On the one hand "perfect" pitch allows people to recognize sounds precisely,
but relative pitchers are better pattern recognizers.

This ties in to my anecdotal observation that a lot of these early and
seriously instrument-playing kids seemed really bad at judging general musical
aesthetics and improvisation, but at the same time _really_ perfect at
straight reproduction. By the same token, musically creative people seemed to
experiment a lot, often doing a bunch of really interesting improvisations
without giving it much thought.

One of my music teachers was this way, it really was something else listening
to him just idly talking and playing around on the piano for entire lesson. On
the other hand, he was really bad at identifying individual notes but he could
re-play a melody that he heard just once without any problems, immediately
going off on several tangents and experimenting on it in different keys.

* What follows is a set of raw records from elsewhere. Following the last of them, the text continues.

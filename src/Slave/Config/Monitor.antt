-- ===== src/Slave/Config/Monitor.antt =====
-- src/ec_slave.c, ec_master_scan_slaves_state: every slave's state is read, an error is acknowledged,
-- and a slave that is not in the requested state, or that is forced to, is configured.
pub mod Awake
use cherry_ecat.Prelude.{
  ℕ, zero, suc, ◌+◌, Bool, true, false, if◌then◌else◌, not, ◌==◌, ◌&&◌, ◌||◌, Option, none, some,
  read_u8, test_bit,
}
use cherry_ecat.Exchange.{
  M, Out, Io, ok, err, asserted, blocked, pure, ◌>>=◌, ◌>>◌, get, edit_slave,
}
use cherry_ecat.Slave.State.{read_register, state_clear_ack_error}
use cherry_ecat.Slave.Config.{Setup}
use cherry_ecat.Slave.Config.Stages.{slave_config}

-- A call whose error is not passed on: `none` stands for an error.
abbrev pub tried : {A : Type 0} → Out A × Io → Out (Option A) × Io
tried (ok a, w) = (ok (some a), w)
tried (err e, w) = (ok none, w)
tried (asserted, w) = (asserted, w)
tried (blocked, w) = (blocked, w)

abbrev pub attempt : {A : Type 0} → M A → M (Option A)
attempt m w = tried (m w)

-- The last part of the loop's body. The result of these is the new value of `force_update`.
unfoldable pub configure_if : ℕ → Setup → Bool → M Bool
unfolding slave_config
configure_if i st force_update = do
  w ← get
  let s = w.slaves i
  if (not (s.requested_state == s.current_state) && s.alstatus_code == 0) || force_update
      then (attempt (slave_config i st) >>= λ _. pure false)
      else pure force_update

-- A `continue` after an error.
abbrev pub or_continue : Bool → M Bool → Option (Unit {0}) → M Bool
or_continue force_update m none = pure force_update
or_continue force_update m (some u) = m

-- What follows the datagram that read the state.
unfoldable pub judge_state : ℕ → Setup → Bool → M Bool
unfolding state_clear_ack_error configure_if
judge_state i st force_update = do
  w ← get
  let v = read_u8 w.datagram.buf 0
  edit_slave i (λ s. record s { current_state = v })
  let reset = edit_slave i (λ s. record s { alstatus_code = 0 })
  acked ←
      if test_bit v 4
      then attempt (state_clear_ack_error i (w.slaves i).requested_state)
      else attempt reset
  or_continue force_update (configure_if i st force_update) acked

-- The loop's body.
unfoldable pub check_state : ℕ → Setup → Bool → M Bool
unfolding read_register judge_state
check_state i st force_update = do
  answered ← attempt (read_register i 0x130)
  or_continue force_update (judge_state i st force_update) answered

-- ec_master_scan_slaves_state, over the `left` slaves from position `i` on; the result has the flags
-- `force_update`.
unfoldable pub scan_slaves_state : ℕ → ℕ → (ℕ → Setup) → (ℕ → Bool) → M (ℕ → Bool)
unfolding check_state
scan_slaves_state zero i setups force_update = pure force_update
scan_slaves_state (suc left) i setups force_update = do
  f ← check_state i (setups i) (force_update i)
  scan_slaves_state left (i + 1) setups (λ j. if i == j then f else force_update j)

On a personal note, that was the point where I recognized that I was in
neither of these categories. I switched my art class to painting after a while
and stayed there ;)

------
andrewljohnson
The paper says that absolute pitch, the ability to name a tone without hearing
other reference tones (i.e. that note is a C#), is typically found in
musicians who began training young (below six). This drug seems to reopen that
window and let adult brains learn the skill.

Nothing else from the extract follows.